Speaking generally, when a taxpayer has a single fat income year, following on prior thinner year, there is no requirement tax be paid on that fat income until April fifteenth of the following year.  For the OP that would be April 15, 2018.  The "gotcha" in the safe harbor rules is when taxpayer has two fat years in a row.  That's when you really have to fear underpayment penalty.  This is because the safe harbor rules look back to the prior year's income (not the current year's income) to determine your safe harbor payment amount.

OP should obtain a copy of the safe harbor rules and study those rules.  But at this point I am confident OP is fine, provided he is paying as much tax as was paid in 2016, and provided he is not a high income person.

Agreed: this is largely a safe harbor question now.  I am still trying to figure out though if I am already in it. Namely, am I in the safe harbor if I was able to get there only by withholding AND credits?  (Withholding alone did not get me there.)  This is what has not been addressed yet, and I cannot find mentioned specifically anywhere in the IRS publications I have seen thus far.  I think it is an interesting question still, but a largely academic one at this point.

I am just going to increase withholding to ensure I am in the safe harbor.  Since I think this will be pretty close to the amount of tax that I ultimately owe anyway, it seems a good solution.  I just never realized that one could request a specific amount of withholding until now (because it was never relevant to me).  I was under the false impression everything was left to the employer's calculations (which is how I got into this problem in the first place).  Seems a trivial misunderstanding now, but it was there nonetheless.

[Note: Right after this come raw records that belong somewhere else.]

-- ===== src/Backoff/Bounds.antt =====
-- The interval stays between the healthy cadence and the cap.
use native.Mathlib.Nat.{pow-suc}
use casquinha.Prelude.{dec_lt, zero, suc, ◌<◌, ◌∙◌, refl, ap, ℕ, ◌*◌, ◌^◌, min, ◌≡◌, arith}
use casquinha.Prelude.Int.{ℤ, pos, pos_part, ◌+ℤ◌, ◌≤ℤ◌, ◌<ℤ◌, quot}
use casquinha.Backoff.{Backoff, init, interval, interval_seeded, ok, fail}

-- What `cq_backoff_init` establishes: a positive cadence, at most the cap, which fits a `long`.
pub record IsValid (b : Backoff) : Type 0 where
  pub base_pos : pos 1 ≤ℤ b.base
  pub base_le : b.base ≤ℤ b.current
  pub capped : b.current ≤ℤ b.cap
  pub fits : b.cap <ℤ pos (2 ^ 31)

pub init-IsValid :
    (base cap : ℤ) → base <ℤ pos (2 ^ 31) → cap <ℤ pos (2 ^ 31) → IsValid (init base cap)
unfolding init
init-IsValid base cap hb hc = ground arith

pub ok-IsValid : {b : Backoff} → IsValid b → IsValid (ok b)
unfolding ok
ok-IsValid v = ground arith

-- A failure doubles the interval up to the cap, also where the doubling overflows.
pub fail-min :
    (b : Backoff)
    → IsValid b
    → (fail b).current ≡ pos (min (2 * pos_part b.current) (pos_part b.cap))
unfolding fail
fail-min b v = ground arith

pub fail-IsValid : {b : Backoff} → IsValid b → IsValid (fail b)
unfolding fail
fail-IsValid v = ground arith

-- The spread of clients after an outage, of a valid backoff: with room in `long` for a quarter above the cap, the seeded
-- interval is never below the plain one nor more than a quarter of it above, whatever the seed.
pub interval_seeded_bounds :
    (b : Backoff) (seed : ℕ)
    → IsValid b
    → b.cap +ℤ quot b.cap 4 <ℤ pos (2 ^ 31)
    → (interval b ≤ℤ interval_seeded b seed)
      × (interval_seeded b seed ≤ℤ interval b +ℤ quot (interval b) 4)
unfolding interval interval_seeded ◌+ℤ◌
interval_seeded_bounds b seed v h = ground arith

-- The interval after `n` failures in a row.
abbrev pub fails : ℕ → Backoff → Backoff
fails zero b = b
fails (suc n) b = fails n (fail b)

min_double : (p c m : ℕ) → 0 < p → min (p * min (2 * c) m) m ≡ min (2 * p * c) m
min_double zero c m h = absurd (omega arith)
min_double (suc q) c m h = elim (dec_lt m (2 * c)) [
  | yes above ↦ rw (least m (2 * c) above) (omega arith)
  | no below ↦ rw (most m (2 * c) below) (omega arith)
]
  where
    least : (x y : ℕ) → x < y → min y x ≡ x
    least x y lt = omega arith

    most : (x y : ℕ) → ¬ (x < y) → min y x ≡ y
    most x y ge = omega arith

pow_pos : (n : ℕ) → 0 < 2 ^ n
pow_pos zero = omega arith
pow_pos (suc n) = omega (arith, pow_pos n, pow-suc 2 n)

fail-cap : (b : Backoff) → (fail b).cap ≡ b.cap
unfolding fail
fail-cap b = refl

fails-current :
    (n : ℕ) (b : Backoff)
    → IsValid b
    → (fails n b).current ≡ pos (min (2 ^ n * pos_part b.current) (pos_part b.cap))
fails-current zero b v = ground arith
fails-current (suc n) b v =
    fails-current n (fail b) (fail-IsValid v)
    ∙ rw (fail-min b v, fail-cap b)
        (ap pos (
          min_double (2 ^ n) (pos_part b.current) (pos_part b.cap) (pow_pos n)
          ∙ rw pow-suc (omega arith)))

fails-base : (n : ℕ) (b : Backoff) → (fails n b).base ≡ b.base
unfolding fail
fails-base zero b = refl
fails-base (suc n) b = fails-base n (fail b)

-- Of a valid backoff: from a healthy reply on, `n` failures in a row give the base cadence times 2 ^ n, at most the cap;
-- the next healthy reply gives the base cadence again, at once.
pub fails-ok :
    (n : ℕ) (b : Backoff)
    → IsValid b
    → (interval (fails n (ok b)) ≡ pos (min (2 ^ n * pos_part b.base) (pos_part b.cap)))
      × (interval (ok (fails n (ok b))) ≡ b.base)
unfolding interval ok
fails-ok n b v = (
  fails-current n (record b { current = b.base }) (ok_valid v),
  fails-base n (record b { current = b.base }),
)
  where
    ok_valid : IsValid b → IsValid (record b { current = b.base })
    ok_valid v = ground arith
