-- ===== src/Backoff/Tests.antt =====
-- Runs of the backoff, with the cadence of the app: 120 ticks, at most 1800.
use casquinha.Prelude.{◌-◌, ◌^◌, ◌≡◌, refl, arith}
use casquinha.Prelude.Int.{pos, ◌+ℤ◌}
use casquinha.Backoff.{Backoff, init, interval, interval_seeded, mix, fail}
use casquinha.Backoff.Bounds.{IsValid, fails}

abbrev app : Backoff
app = record { base = pos 120; cap = pos 1800; current = pos 120 }

init-app : init (pos 120) (pos 1800) ≡ app
unfolding init
init-app = refl

app-IsValid : IsValid app
app-IsValid = omega arith

five : interval (fails 5 app) ≡ pos 1800
unfolding interval fail
five = refl

-- A cap near the top of `long`: the doubled interval wraps below zero.
abbrev huge : Backoff
huge = record { base = pos 1; cap = pos (2 ^ 31 - 1); current = pos (2 ^ 30) }

seeded : interval_seeded app 7 ≡ pos 128
unfolding interval_seeded mix ◌+ℤ◌
seeded = refl
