-- ===== src/Cache.antt =====
-- src/cq_cache.c: a FIFO of eight string-keyed slots that holds opaque payloads. Slot `i` of the
-- model is `keys[i]` with `vals[i]`; a key is the C string in its buffer, and a NULL payload or key
-- is `none`. The payload type is the caller's.
pub mod Fifo
pub mod Shift
pub mod Refine
pub mod Residence
mod Tests
use casquinha.Prelude.{
  ℕ, zero, suc, ◌+◌, ◌-◌, Bool, true, false, Option, none, some, List, [], ◌∷◌, ◌==◌, if◌then◌else◌,
  get_or, set, take, replicate, Bytes, bytes_eq,
}

-- `CQ_CACHE_SLOTS` and `CQ_CACHE_KEYMAX`
abbrev pub slots_max : ℕ
slots_max = 8

abbrev pub key_max : ℕ
key_max = 64

pub record Slot (V : Type 0) : Type 0 where
  pub key : Bytes
  pub val : Option V

-- `cq_cache`
pub record Cache (V : Type 0) : Type 0 where
  pub slots : List (Slot V)
  pub used : ℕ

abbrev pub empty_slot : (V : Type 0) → Slot V
empty_slot V = record { key = []; val = none }

-- `key_copy`: what `strncpy` and the final NUL leave in the buffer.
unfoldable pub key_copy : Option Bytes → Bytes
key_copy none = []
key_copy (some src) = take (key_max - 1) src

module _ {V : Type 0} where
  -- The loop of `key_find`, from `i` on for `n` rounds; -1 is `none`.
  unfoldable pub find_from : List (Slot V) → Bytes → ℕ → ℕ → Option ℕ
  find_from slots k i zero = none
  find_from slots k i (suc n) =
      let rest = find_from slots k (suc i) n in
      if bytes_eq (get_or slots i (empty_slot V)).key k then some i else rest

  -- `key_find`
  unfoldable pub key_find : Cache V → Option Bytes → Option ℕ
  key_find c key = find_from c.slots (key_copy key) 0 c.used

  -- `cq_cache_init`
  unfoldable pub init : Cache V
  init = record { slots = replicate slots_max (empty_slot V); used = 0 }

  -- `cq_cache_count`
  pub count : Cache V → ℕ
  count c = c.used

  -- `cq_cache_has`
  unfoldable pub has : Cache V → Option Bytes → Bool
  has c key = elim (key_find c key) [ none ↦ false | some i ↦ true ]

  -- `cq_cache_get`
  unfoldable pub get : Cache V → Option Bytes → Option V
  get c key = elim (key_find c key) [ none ↦ none | some i ↦ (get_or c.slots i (empty_slot V)).val ]

  -- The loop of `shift_out_oldest`, from `i` on for `n` rounds.
  pub shift_from : List (Slot V) → ℕ → ℕ → List (Slot V)
  shift_from slots i zero = slots
  shift_from slots i (suc n) =
      shift_from (set slots (i - 1) (get_or slots i (empty_slot V))) (suc i) n

  -- `shift_out_oldest`
  pub shift_out_oldest : Cache V → Cache V × Option V
  shift_out_oldest c = (
    record c { slots = shift_from c.slots 1 (c.used - 1); used = c.used - 1 },
    (get_or c.slots 0 (empty_slot V)).val,
  )

  -- The miss of `cq_cache_put`: the entry goes behind the last one.
  pub append : Cache V → Option Bytes → Option V → Cache V
  append c key val = record c {
    slots = set c.slots c.used (record { key = key_copy key; val = val });
    used = c.used + 1;
  }

  -- `cq_cache_put`: the cache after the call, and the displaced payload.
  unfoldable pub put : Cache V → Option Bytes → Option V → Cache V × Option V
  put c key val = elim (key_find c key) [
    | some i ↦
        let old = get_or c.slots i (empty_slot V) in
        (record c { slots = set c.slots i (record old { val = val }) }, old.val)
    | none ↦
        let shifted = shift_out_oldest c in
        if c.used == slots_max
        then (append shifted.0 key val, shifted.1)
        else (append c key val, none)
  ]

  -- `cq_cache_take_oldest`
  unfoldable pub take_oldest : Cache V → Cache V × Option V
  take_oldest c = if c.used == 0 then (c, none) else shift_out_oldest c
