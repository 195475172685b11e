-- ===== src/Cache/Fifo.antt =====
-- What the cache promises: a FIFO of at most eight entries, oldest first, one for each key.
use casquinha.Prelude.{
  Bool, true, false, Option, none, List, [], ◌∷◌, ◌++◌, ◌==◌, if◌then◌else◌, length, Bytes,
  bytes_eq,
}
use casquinha.Cache.{Slot, slots_max}

abbrev pub Fifo : Type 0 → Type 0
Fifo V = List (Slot V)

module _ {V : Type 0} where
  unfoldable pub has : Fifo V → Bytes → Bool
  has [] k = false
  has (s ∷ q) k = if bytes_eq s.key k then true else has q k

  -- The payload of a key, `none` if it is absent.
  unfoldable pub get : Fifo V → Bytes → Option V
  get [] k = none
  get (s ∷ q) k = if bytes_eq s.key k then s.val else get q k

  -- A key that is there keeps its age.
  unfoldable pub replace : Fifo V → Bytes → Option V → Fifo V
  replace [] k v = []
  replace (s ∷ q) k v = if bytes_eq s.key k then record s { val = v } ∷ q else s ∷ replace q k v

  unfoldable pub take_oldest : Fifo V → Fifo V × Option V
  take_oldest [] = ([], none)
  take_oldest (s ∷ q) = (q, s.val)

  unfoldable pub put : Fifo V → Bytes → Option V → Fifo V × Option V
  put q k v =
      let entry : Slot V = record { key = k; val = v } in
      if has q k
      then (replace q k v, get q k)
      else if length q == slots_max
      then ((take_oldest q).0 ++ entry ∷ [], (take_oldest q).1)
      else (q ++ entry ∷ [], none)
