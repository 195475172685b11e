-- ===== src/Cache/Shift.antt =====
-- The two loops of cq_cache.c, place by place.
use casquinha.Prelude.{
  ℕ, zero, suc, ◌+◌, ◌-◌, ◌<◌, ◌≤◌, ◌&&◌, List, ◌==◌, ltb, leb, if◌then◌else◌, length, get_or, set,
  length-set, get_or-set_self, get_or-set_ne, ◌≡◌, refl, arith, ◌∙◌,
}
use casquinha.Cache.{Slot, empty_slot, shift_from}

get_or-set :
    {A : Type 0} (xs : List A) (i j : ℕ) (v d : A)
    → i < length xs
    → get_or (set xs i v) j d ≡ (if i == j then v else get_or xs j d)
get_or-set xs i j v d h = ground (arith, get_or-set_self xs i v d, get_or-set_ne xs i j v d)

module _ {V : Type 0} where
  pub length-shift_from : (xs : List (Slot V)) (i n : ℕ) → length (shift_from xs i n) ≡ length xs
  unfolding shift_from
  length-shift_from xs i zero = refl
  length-shift_from xs i (suc n) =
      length-shift_from (set xs (i - 1) (get_or xs i (empty_slot V))) (suc i) n
      ∙ length-set xs (i - 1) (get_or xs i (empty_slot V))

  -- After the loop from `i` for `n` rounds, place `j` holds what place `j + 1` held if the loop
  -- wrote it, and what it held otherwise.
  pub get_or-shift_from :
      (xs : List (Slot V)) (i n j : ℕ)
      → 0 < i
      → i + n ≤ length xs
      → get_or (shift_from xs i n) j (empty_slot V) ≡ (
          if leb i (suc j) && ltb (suc j) (i + n)
          then get_or xs (suc j) (empty_slot V)
          else get_or xs j (empty_slot V))
  unfolding shift_from
  get_or-shift_from xs i zero j p h = ground arith
  get_or-shift_from xs i (suc n) j p h =
      let xs' = set xs (i - 1) (get_or xs i (empty_slot V)) in
      ground (
        arith,
        get_or-shift_from xs' (suc i) n j,
        length-set xs (i - 1) (get_or xs i (empty_slot V)),
        get_or-set xs (i - 1) j (get_or xs i (empty_slot V)) (empty_slot V),
        get_or-set xs (i - 1) (suc j) (get_or xs i (empty_slot V)) (empty_slot V),
      )
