-- ===== src/Cache/Refine.antt =====
-- The array of eight slots refines the FIFO of its entries.
use casquinha.Prelude.{
  ℕ, zero, suc, ◌+◌, ◌-◌, ◌<◌, ◌≤◌, true, false, Option, none, some, List, [], ◌∷◌, ◌++◌, ◌==◌,
  length, Bytes, bytes_eq, get_or, set, length-set, get_or-set_self, get_or-set_ne, window,
  window_ext, window-snoc, length-window, ◌≡◌, refl, sym, subst, ap, ap₂, arith, Bool-cases,
  Option-cases, inl, inr, ◌∙◌,
}
use casquinha.Cache.{
  Slot, Cache, empty_slot, slots_max, find_from, key_find, key_copy, shift_from, shift_out_oldest,
  append, has, get, put, take_oldest,
}
use casquinha.Cache.Shift.{length-shift_from, get_or-shift_from}
use casquinha.Cache.Fifo.{Fifo}
use casquinha.Cache.Fifo

-- The entries, oldest first.
abbrev pub view : {V : Type 0} → Cache V → Fifo V
view {V} c = window c.slots (empty_slot V) 0 c.used

pub record IsValid {V : Type 0} (c : Cache V) : Type 0 where
  pub storage : length c.slots ≡ slots_max
  pub within : c.used ≤ slots_max

module _ {V : Type 0} where
  window-set_before :
      (xs : List (Slot V)) (j i n : ℕ) (s : Slot V)
      → j < i
      → window (set xs j s) (empty_slot V) i n ≡ window xs (empty_slot V) i n
  window-set_before xs j i n s h =
      window_ext (set xs j s) xs (empty_slot V) i i n
        (λ k lt. get_or-set_ne xs j (i + k) s (empty_slot V) (omega arith))

  window-set_after :
      (xs : List (Slot V)) (j i n : ℕ) (s : Slot V)
      → i + n ≤ j
      → window (set xs j s) (empty_slot V) i n ≡ window xs (empty_slot V) i n
  window-set_after xs j i n s h =
      window_ext (set xs j s) xs (empty_slot V) i i n
        (λ k lt. get_or-set_ne xs j (i + k) s (empty_slot V) (omega arith))

  -- What `key_find` tells of the entries from `i` on.
  abbrev Finds : List (Slot V) → Bytes → ℕ → ℕ → Option ℕ → Type 0
  Finds xs k i n none =
      (Fifo.has (window xs (empty_slot V) i n) k ≡ false)
      × (Fifo.get (window xs (empty_slot V) i n) k ≡ none)
  Finds xs k i n (some j) =
      (i ≤ j)
      × (j < i + n)
      × (Fifo.has (window xs (empty_slot V) i n) k ≡ true)
      × (Fifo.get (window xs (empty_slot V) i n) k ≡ (get_or xs j (empty_slot V)).val)

  find_from-Finds : (xs : List (Slot V)) (k : Bytes) (i n : ℕ) → Finds xs k i n (find_from xs k i n)
  unfolding find_from Fifo.has Fifo.get
  find_from-Finds xs k i zero = (refl, refl)
  find_from-Finds xs k i (suc n) = ground (arith, find_from-Finds xs k (suc i) n)

  replace-find_from :
      (xs : List (Slot V)) (k : Bytes) (i n j : ℕ) (v : Option V)
      → i + n ≤ length xs
      → find_from xs k i n ≡ some j
      → Fifo.replace (window xs (empty_slot V) i n) k v
        ≡ window (set xs j (record (get_or xs j (empty_slot V)) { val = v })) (empty_slot V) i n
  unfolding find_from Fifo.replace
  replace-find_from xs k i zero j v h e = cc
  replace-find_from xs k i (suc n) j v h e =
      elim (Bool-cases (bytes_eq (get_or xs i (empty_slot V)).key k)) [
        | inl hit ↦ here hit (rw hit at e)
        | inr miss ↦
            later miss (rw miss at e) (λ t. replace-find_from xs k (suc i) n j v (omega arith) t)
      ]
    where
      d : Slot V
      d = empty_slot V

      new : ℕ → Slot V
      new p = record (get_or xs p d) { val = v }

      here :
          bytes_eq (get_or xs i d).key k ≡ true
          → some i ≡ some j
          → Fifo.replace (window xs d i (suc n)) k v ≡ window (set xs j (new j)) d i (suc n)
      here hit same =
          let at : i ≡ j = cc in
          subst
            (λ p. Fifo.replace (window xs d i (suc n)) k v ≡ window (set xs p (new p)) d i (suc n))
            at
            (rw (hit, get_or-set_self xs i (new i) d (omega arith))
              (ap (◌∷◌ (new i)) (sym (window-set_before xs i (suc i) n (new i) (omega arith)))))

      later :
          bytes_eq (get_or xs i d).key k ≡ false
          → find_from xs k (suc i) n ≡ some j
          → (find_from xs k (suc i) n ≡ some j
              → Fifo.replace (window xs d (suc i) n) k v ≡ window (set xs j (new j)) d (suc i) n)
          → Fifo.replace (window xs d i (suc n)) k v ≡ window (set xs j (new j)) d i (suc n)
      later miss there rest =
          let found : Finds xs k (suc i) n (some j) =
            rw there at (find_from-Finds xs k (suc i) n) in
          rw (miss, get_or-set_ne xs j i (new j) d (omega (arith, found.0)))
            (ap (◌∷◌ (get_or xs i d)) (rest there))

  window-shift_from :
      (xs : List (Slot V)) (n : ℕ)
      → suc n ≤ length xs
      → window (shift_from xs 1 n) (empty_slot V) 0 n ≡ window xs (empty_slot V) 1 n
  window-shift_from xs n h =
      window_ext (shift_from xs 1 n) xs (empty_slot V) 0 1 n
        (λ k lt. ground (arith, get_or-shift_from xs 1 n (0 + k)))

  shifted :
      (xs : List (Slot V)) (u n : ℕ)
      → u ≡ suc n
      → u ≤ length xs
      → (window (shift_from xs 1 (u - 1)) (empty_slot V) 0 (u - 1)
          ≡ (Fifo.take_oldest (window xs (empty_slot V) 0 u)).0)
        × ((get_or xs 0 (empty_slot V)).val ≡ (Fifo.take_oldest (window xs (empty_slot V) 0 u)).1)
  unfolding Fifo.take_oldest
  shifted xs u n e h =
      let m : u - 1 ≡ n = omega arith in (rw (m, e) (window-shift_from xs n (omega arith)), rw e)

  shift_out_oldest_refines :
      (c : Cache V) (n : ℕ)
      → IsValid c
      → c.used ≡ suc n
      → (view (shift_out_oldest c).0 ≡ (Fifo.take_oldest (view c)).0)
        × ((shift_out_oldest c).1 ≡ (Fifo.take_oldest (view c)).1)
        × IsValid (shift_out_oldest c).0
  unfolding shift_out_oldest
  shift_out_oldest_refines c n v e =
      let parts = shifted c.slots c.used n e (omega arith) in
      (
        parts.0,
        parts.1,
        record {
          storage = length-shift_from c.slots 1 (c.used - 1) ∙ v.storage;
          within = omega arith;
        },
      )

  shift_out_oldest-used : (c : Cache V) → (shift_out_oldest c).0.used ≡ c.used - 1
  unfolding shift_out_oldest
  shift_out_oldest-used c = refl

  appended :
      (xs : List (Slot V)) (u : ℕ) (s : Slot V)
      → u < length xs
      → window (set xs u s) (empty_slot V) 0 (u + 1) ≡ window xs (empty_slot V) 0 u ++ s ∷ []
  appended xs u s h =
      let m : u + 1 ≡ suc u = omega arith in
      let z : 0 + u ≡ u = omega arith in
      rw m (
        window-snoc (set xs u s) (empty_slot V) 0 u
        ∙ ap₂ (λ (q : Fifo V) (t : Slot V). q ++ t ∷ []) (window-set_after xs u 0 u s (omega arith))
            (rw z (get_or-set_self xs u s (empty_slot V) h)))

  append_refines :
      (c : Cache V) (key : Option Bytes) (val : Option V)
      → IsValid c
      → c.used < slots_max
      → (view (append c key val) ≡ view c ++ record { key = key_copy key; val = val } ∷ [])
        × IsValid (append c key val)
  unfolding append
  append_refines c key val v h =
      let s : Slot V = record { key = key_copy key; val = val } in
      (
        appended c.slots c.used s (omega arith),
        record { storage = length-set c.slots c.used s ∙ v.storage; within = omega arith },
      )

  -- `cq_cache_has` and `cq_cache_get` answer as the FIFO does, on the key as it is stored.
  pub lookup_refines :
      (c : Cache V) (key : Option Bytes)
      → (has c key ≡ Fifo.has (view c) (key_copy key))
        × (get c key ≡ Fifo.get (view c) (key_copy key))
  unfolding has get key_find
  lookup_refines c key = ground (arith, find_from-Finds c.slots (key_copy key) 0 c.used)

  take_oldest_at :
      (c : Cache V) (n : ℕ)
      → IsValid c
      → c.used ≡ n
      → (view (take_oldest c).0 ≡ (Fifo.take_oldest (view c)).0)
        × ((take_oldest c).1 ≡ (Fifo.take_oldest (view c)).1)
        × IsValid (take_oldest c).0
  unfolding take_oldest Fifo.take_oldest
  take_oldest_at c zero v e =
      rw e (refl, refl, record { storage = v.storage; within = omega arith })
  take_oldest_at c (suc n) v e =
      let busy : (c.used == 0) ≡ false = ground arith in rw busy (shift_out_oldest_refines c n v e)

  -- `cq_cache_take_oldest` removes the oldest entry, and returns its payload.
  pub take_oldest_refines :
      (c : Cache V)
      → IsValid c
      → (view (take_oldest c).0 ≡ (Fifo.take_oldest (view c)).0)
        × ((take_oldest c).1 ≡ (Fifo.take_oldest (view c)).1)
        × IsValid (take_oldest c).0
  take_oldest_refines c v = take_oldest_at c c.used v refl

  put_hit :
      (c : Cache V) (key : Option Bytes) (val : Option V) (j : ℕ)
      → IsValid c
      → key_find c key ≡ some j
      → (view (put c key val).0 ≡ (Fifo.put (view c) (key_copy key) val).0)
        × ((put c key val).1 ≡ (Fifo.put (view c) (key_copy key) val).1)
        × IsValid (put c key val).0
  unfolding put key_find Fifo.put
  put_hit c key val j v e =
      let k = key_copy key in
      let found : Finds c.slots k 0 c.used (some j) =
        rw e at (find_from-Finds c.slots k 0 c.used) in
      ground (
        arith,
        e,
        found,
        replace-find_from c.slots k 0 c.used j val,
        length-set c.slots j (record (get_or c.slots j (empty_slot V)) { val = val }),
      )

  put_miss :
      (c : Cache V) (key : Option Bytes) (val : Option V)
      → IsValid c
      → key_find c key ≡ none
      → (view (put c key val).0 ≡ (Fifo.put (view c) (key_copy key) val).0)
        × ((put c key val).1 ≡ (Fifo.put (view c) (key_copy key) val).1)
        × IsValid (put c key val).0
  unfolding put key_find Fifo.put
  put_miss c key val v e =
      let k = key_copy key in
      let absent : Finds c.slots k 0 c.used none = rw e at (find_from-Finds c.slots k 0 c.used) in
      ground (
        arith,
        e,
        absent,
        length-window c.slots (empty_slot V) 0 c.used,
        shift_out_oldest_refines c 7 v,
        shift_out_oldest-used c,
        append_refines c key val v,
        append_refines (shift_out_oldest c).0 key val,
      )

  -- Of a valid cache, `cq_cache_put` is the FIFO's `put` on the key as it is stored: the same
  -- entries in the same order after it, and the same displaced payload; the cache stays valid.
  pub put_refines :
      (c : Cache V) (key : Option Bytes) (val : Option V)
      → IsValid c
      → (view (put c key val).0 ≡ (Fifo.put (view c) (key_copy key) val).0)
        × ((put c key val).1 ≡ (Fifo.put (view c) (key_copy key) val).1)
        × IsValid (put c key val).0
  put_refines c key val v = elim (Option-cases (key_find c key)) [
    | inl miss ↦ put_miss c key val v miss
    | inr (j, hit) ↦ put_hit c key val j v hit
  ]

This has also been a good exercise for me for future tax planning.  Without looking at this as in depth as I did, I'm not sure I would have realized that my income for this year is right up against jumping to a higher tax bracket AND having credits reduced as well.  As such, I now know that taking even more of this extra work (and the time commitment and stress that comes with it) is not remotely worth it, and in fact, a strong case can be made for cutting back (especially if something like a raise were to happen).  So future financial (and health) planning took place as well.

Again, thanks all.

  
Yeah, you raise a good point.  It's not something I'm able to remember.  I think there is a safe harbor provision related to historical quarterly filers, but I'm not sure.  You are not a historical quarterly filer so you might be treated differently.  I had been a quarterly filer for tens of years (still am), a fact which helped me skate when I faced your situation several years ago.

My gut, which could be wrong in your situation, says if you pay timely this year an amount equal to your 2016 tax, regardless how you pay whether through withholding or otherwise, you are good.  I know that works for historical quarterly filers like me.  I know because I have done this, ending up owing the IRS a fortune the April fifteenth following an unusual fat income year.  And they never raised any fuss whatsoever;  zip, zero, nada.  But for taxpayers who are not historical quarterly filers I'm just not certain the same rules apply.  They might;  just not sure because that was never my situation .  If the same rules do apply, there is absolutely no need for you to increase withholding, which in effect would be unnecessary early payment of tax not required to be paid until April 15, 2018.  You could instead take that money, put it in the bank, and collect interest between now and next April.  That's what I did back when I had my fat income year.

rated:
Just max out your traditional IRA before April 2018 so you don't owe the IRS anything.